Use PVC cutter to cut your lengths.

You've never seen babies dismembering each other?


----------



## Natty (Apr 2, 2008)

epicfish said:


> Use PVC cutter to cut your lengths.
> 
> You've never seen babies dismembering each other?


It can't be the babies because (referring back to the first post) remember I said that I seperated all the babies and put them into one container?

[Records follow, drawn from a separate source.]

-- ===== src/Rtl/Insn.antt =====
-- Encoders of src/rtl-insn.c, with rtl_mark_live(). `checks` tells whether the library is compiled with
-- operand checks; `none` is a violated one, which leaves the unit as it was.
pub mod Alu
pub mod Fpu
pub mod Vec
pub mod Mem
pub mod Call
pub mod Flow
pub mod Table
pub mod Effect
pub mod Marked
use libbinrec.Common.{
  ℕ, zero, suc, ◌+◌, ◌%◌, ◌^◌, ◌==◌, ltb, not, ◌&&◌, ◌||◌, Bool, true, false, if◌then◌else◌, List,
  [], ◌∷◌, length, get_or, Option, some, none,
}
use libbinrec.Rtl.Opcode.{DataType, Opcode, RegType, type_is_int, is_undefined, type_num}
use libbinrec.Rtl.Unit.{Result, Insn, Register, Alias, RtlUnit}
use libbinrec.Rtl.Unit.Access.{reg_at, alias_base, blank_alias, update_reg}
use libbinrec.Rtl.Block.{update_block}

abbrev pub max : ℕ → ℕ → ℕ
max a b = if ltb a b then b else a

abbrev pub mark : ℕ → Register → Register
mark insn_index reg = record reg {
  live = true;
  birth = if reg.live then reg.birth else insn_index;
  death = insn_index;
}

unfoldable pub rtl_mark_live : RtlUnit → ℕ → ℕ → RtlUnit
rtl_mark_live u insn_index r =
    let live : Bool = (reg_at u r).live in
    record (update_reg u r (mark insn_index)) {
      first_live_reg = if not live && u.first_live_reg == 0 then r else u.first_live_reg;
      last_live_reg = if live then u.last_live_reg else r;
      blocks =
          update_block u.blocks u.cur_block (λ b. record b { max_live_reg = max b.max_live_reg r });
    }

-- The calls of rtl_mark_live() of an encoder, for the instruction that comes next.
unfoldable pub mark_all : RtlUnit → ℕ → List ℕ → RtlUnit
mark_all u insn_index [] = u
mark_all u insn_index (r ∷ rs) = mark_all (rtl_mark_live u insn_index r) insn_index rs

abbrev pub is_defined : RtlUnit → ℕ → Bool
is_defined u r = not (is_undefined (reg_at u r).source)

abbrev pub same_type : RtlUnit → ℕ → ℕ → Bool
same_type u a b = type_num (reg_at u a).type == type_num (reg_at u b).type

abbrev pub alias_type : RtlUnit → ℕ → DataType
alias_type u a = (get_or u.aliases a blank_alias).type

abbrev pub set_source : RegType → (Result → Result) → Register → Register
set_source source f reg = record reg { source = source; result = f reg.result }

abbrev pub is_type : DataType → RtlUnit → ℕ → Bool
is_type type u r = type_num (reg_at u r).type == type_num type

-- The results that the encoders write: the opcode with one to three register operands, or with an
-- immediate one. `value` is the bit pattern of an int32_t.
abbrev pub result_1 : Insn → ℕ → Result → Result
result_1 insn src1 r = record r { opcode = insn.opcode; is_imm = false; src1 = src1 }

abbrev pub result_2 : Insn → ℕ → ℕ → Result → Result
result_2 insn src1 src2 r = record r {
  opcode = insn.opcode;
  is_imm = false;
  src1 = src1;
  src2 = src2;
}

abbrev pub result_3 : Insn → ℕ → ℕ → ℕ → Result → Result
result_3 insn src1 src2 src3 r = record r {
  opcode = insn.opcode;
  is_imm = false;
  src1 = src1;
  src2 = src2;
  src3 = src3 % 2 ^ 16;
}

abbrev pub result_imm : Insn → ℕ → ℕ → Result → Result
result_imm insn src1 value r = record r {
  opcode = insn.opcode;
  is_imm = true;
  src1 = src1;
  src_imm = value % 2 ^ 32;
}

-- A list of operand constraints, which is checked in turn.
unfoldable pub all_hold : List Bool → Bool
all_hold [] = true
all_hold (b ∷ bs) = b && all_hold bs

-- What every encoder ends with: the operand checks, and the registers that it marks live in the unit
-- in which it has set the result register.
unfoldable pub encode : Bool → List Bool → RtlUnit → List ℕ → Insn → Option (RtlUnit × Insn)
encode checks constraints set marks insn =
    if checks && not (all_hold constraints)
    then none
    else some (mark_all set (length set.insns) marks, insn)

-- A register operand that the encoder leaves out where it is 0.
abbrev pub operand : ℕ → List ℕ
operand r = if r == 0 then [] else r ∷ []

-- An alias's base register, if it has one.
unfoldable pub base_operand : RtlUnit → ℕ → List ℕ
base_operand u alias = if alias_base u alias == 0 then [] else alias_base u alias ∷ []

unfoldable pub make_set_alias : Bool → RtlUnit → Insn → ℕ → ℕ → Option (RtlUnit × Insn)
make_set_alias checks u insn src1 other =
    encode checks
      (not (src1 == 0)
        ∷ not (other == 0)
        ∷ is_defined u src1
        ∷ (type_num (reg_at u src1).type == type_num (alias_type u other))
        ∷ [])
      u (src1 ∷ base_operand u other) (record insn { src1 = src1; alias = other % 2 ^ 16 })

unfoldable pub make_get_alias : Bool → RtlUnit → Insn → ℕ → ℕ → Option (RtlUnit × Insn)
make_get_alias checks u insn dest other =
    encode checks
      (not (dest == 0)
        ∷ not (other == 0)
        ∷ not (is_defined u dest)
        ∷ (type_num (reg_at u dest).type == type_num (alias_type u other))
        ∷ [])
      (update_reg u dest (λ reg. record reg { source = RegType.alias; alias_src = other % 2 ^ 16 }))
      (dest ∷ base_operand u other) (record insn { dest = dest; alias = other % 2 ^ 16 })

unfoldable pub make_move : Bool → RtlUnit → Insn → ℕ → ℕ → Option (RtlUnit × Insn)
make_move checks u insn dest src1 =
    encode checks
      (not (dest == 0)
        ∷ not (src1 == 0)
        ∷ not (is_defined u dest)
        ∷ is_defined u src1
        ∷ same_type u src1 dest
        ∷ [])
      (update_reg u dest (set_source RegType.result (result_1 insn src1))) (dest ∷ src1 ∷ [])
      (record insn { dest = dest; src1 = src1 })

unfoldable pub make_select : Bool → RtlUnit → Insn → ℕ → ℕ → ℕ → ℕ → Option (RtlUnit × Insn)
make_select checks u insn dest src1 src2 other =
    encode checks
      (not (dest == 0)
        ∷ not (src1 == 0)
        ∷ not (src2 == 0)
        ∷ not (other == 0)
        ∷ not (is_defined u dest)
        ∷ is_defined u src1
        ∷ is_defined u src2
        ∷ is_defined u other
        ∷ same_type u src1 dest
        ∷ same_type u src2 dest
        ∷ type_is_int (reg_at u other).type
        ∷ [])
      (update_reg u dest (set_source RegType.result (result_3 insn src1 src2 other)))
      (dest ∷ src1 ∷ src2 ∷ other ∷ [])
      (record insn { dest = dest; src1 = src1; src2 = src2; src3 = other % 2 ^ 16 })
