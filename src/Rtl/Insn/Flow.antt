-- ===== src/Rtl/Insn/Flow.antt =====
-- Encoders of src/rtl-insn.c that end basic blocks: make_label(), make_goto(), make_goto_cond() and
-- make_return(). `memory` and `slot` are what rtl_block_add() gets from the allocator.
use libbinrec.Common.{
  ℕ, ◌+◌, ◌-◌, ◌%◌, ◌^◌, ◌==◌, leb, not, ◌&&◌, ◌||◌, Bool, true, false, if◌then◌else◌, [], ◌∷◌,
  length, get_or, modify, Option, some, none, ℤ, pos, negsuc, is_neg, eq_ℤ, sub_ℕ,
}
use libbinrec.Word.{signed}
use libbinrec.Rtl.Opcode.{type_is_int}
use libbinrec.Rtl.Unit.{Insn, RtlUnit, BasicBlock}
use libbinrec.Rtl.Unit.Access.{reg_at, block_at}
use libbinrec.Rtl.Block.{update_block, block_add, block_add_edge}
use libbinrec.Rtl.Insn.{is_defined, operand, mark_all, all_hold}

-- What an encoder gives. Refused operands leave the unit as it was; a failed allocation leaves the
-- current block ended; `assert_failed` is a violated ASSERT().
pub data Made : Type 0 where
  refused : Made
  failed : RtlUnit → Made
  assert_failed : Made
  made : RtlUnit → Insn → Made

-- Where an encoder adds no block, no result is a refusal.
abbrev pub from_option : Option (RtlUnit × Insn) → Made
from_option none = Made.refused
from_option (some (u, insn)) = Made.made u insn

-- ASSERT(other < count)
abbrev pub assert_below : ℕ → ℕ → Made → Made
assert_below other count m = if leb count other then assert_failed else m

abbrev pub end_block : RtlUnit → ℤ → RtlUnit
end_block u last = record u {
  blocks = update_block u.blocks u.cur_block (λ b. record b { last_insn = last });
}

-- rtl_block_add_edge() from the current block to the new one, which becomes the current block.
unfoldable pub enter_block : RtlUnit → ℕ → ℕ → Option (Bool × RtlUnit) → Option RtlUnit
enter_block u new_block first (some (true, u')) = some (record u' {
  cur_block = new_block;
  blocks = update_block u'.blocks new_block (λ b. record b { first_insn = pos first });
})
enter_block u new_block first _ = none

-- The current block ends at instruction `last`, and a new one starts at `first`.
unfoldable pub split_block : Bool → BasicBlock → RtlUnit → ℤ → ℕ → (RtlUnit → Made) → Made
split_block memory slot u last first k =
    let added : Bool × RtlUnit = block_add memory slot (end_block u last) in
    let new_block : ℕ = length added.1.blocks - 1 in
    if added.0
    then elim (enter_block added.1 new_block first
        (block_add_edge memory slot added.1 added.1.cur_block new_block)) [
          | none ↦ assert_failed
          | some u' ↦ k u'
        ]
    else failed added.1

abbrev pub set_label : ℕ → RtlUnit → RtlUnit
set_label label u = record u {
  label_blockmap = modify u.label_blockmap label (λ b. signed 16 u.cur_block);
}

unfoldable pub make_label : Bool → Bool → BasicBlock → RtlUnit → Insn → ℕ → Made
make_label checks memory slot u insn other =
    let insn' : Insn = record insn { label = other % 2 ^ 16 } in
    let finish : RtlUnit → Made = λ u'. made (set_label insn'.label u') insn' in
    let n : ℕ = length u.insns in
    assert_below other (length u.label_blockmap) (
      if checks
        && not
            (all_hold (not (other == 0) ∷ is_neg (get_or u.label_blockmap other (negsuc 0)) ∷ []))
      then refused
      else if eq_ℤ (block_at u u.cur_block).first_insn (pos n)
      then finish u
      else split_block memory slot u (sub_ℕ n 1) n finish)

unfoldable pub make_goto : Bool → RtlUnit → Insn → ℕ → Made
make_goto checks u insn other = assert_below other (length u.label_blockmap) (
    if checks && not (all_hold (not (other == 0) ∷ []))
    then refused
    else made (record (end_block u (pos (length u.insns))) { have_block = false })
        (record insn { label = other % 2 ^ 16 }))

unfoldable pub make_goto_cond : Bool → Bool → BasicBlock → RtlUnit → Insn → ℕ → ℕ → Made
make_goto_cond checks memory slot u insn src1 other =
    let n : ℕ = length u.insns in
    assert_below other (length u.label_blockmap) (
      if checks
        && not (
            all_hold (
              not (src1 == 0)
              ∷ not (other == 0)
              ∷ is_defined u src1
              ∷ type_is_int (reg_at u src1).type
              ∷ []))
      then refused
      else split_block memory slot (mark_all u n (src1 ∷ [])) (pos n) (n + 1)
          (λ u'. made u' (record insn { src1 = src1; label = other % 2 ^ 16 })))

unfoldable pub make_return : Bool → RtlUnit → Insn → ℕ → Made
make_return checks u insn src1 =
    let n : ℕ = length u.insns in
    if checks
      && not (all_hold ((src1 == 0 || is_defined u src1 && type_is_int (reg_at u src1).type) ∷ []))
    then refused
    else made (record (end_block (mark_all u n (operand src1)) (pos n)) { have_block = false })
        (record insn { src1 = src1 })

I had like 13 of them in there. I still have 9 so I think most of the deaths are more due to the adults. Also take note this container is about a hand's length (not arm), so it's about 5-6" long and 3-4" wide only. They're still in there kicking. No filtration, no air, but they dont seem to have problems. However, I have released a few babies a few weeks after in there, they didn't survive. So my guess is, the larger ones are picking the smaller ones. But I don't see how the much slower adults get the tiny babies, that's one thing I don't see happening easily.

I mean the babies were literally wiped out in a week max. All of them, most in 1-2 days. Are the parents that effective in catching their own babies? Crazy....

PVC cutter? Is that like a saw or something and does it make it a lot easier? I tried cutting pvc with a nonpower saw before and it took a long time.

What's the smallest diameter pvc tubing you can get at home depot? I'm gonna check it out though. Thanks for the idea epic and glad you're back!

Oh yeah, how long will I have to wait to reintroduce the babies back in with the adults? Long enough for it to be relatively safe?


----------



## epicfish (Sep 11, 2006)

Natty said:


> It can't be the babies because (referring back to the first post) remember I said that I seperated all the babies and put them into one container?
> 
> I had like 13 of them in there. I still have 9 so I think most of the deaths are more due to the adults. Also take note this container is about a hand's length (not arm), so it's about 5-6" long and 3-4" wide only. They're still in there kicking. No filtration, no air, but they dont seem to have problems. However, I have released a few babies a few weeks after in there, they didn't survive. So my guess is, the larger ones are picking the smaller ones. But I don't see how the much slower adults get the tiny babies, that's one thing I don't see happening easily.
> 
> ...


----------



## Natty (Apr 2, 2008)

what do u do if its a bigger diameter pvc? Go saw? What's the max pvc diameter that can be used for?


----------



## epicfish (Sep 11, 2006)

Ones at HD are up to ~2" or so. I've seen ones up to 4", but those are for industrial use.


----------



## Natty (Apr 2, 2008)

I guess I have to call them and ask how much is 2" diameter pvc. 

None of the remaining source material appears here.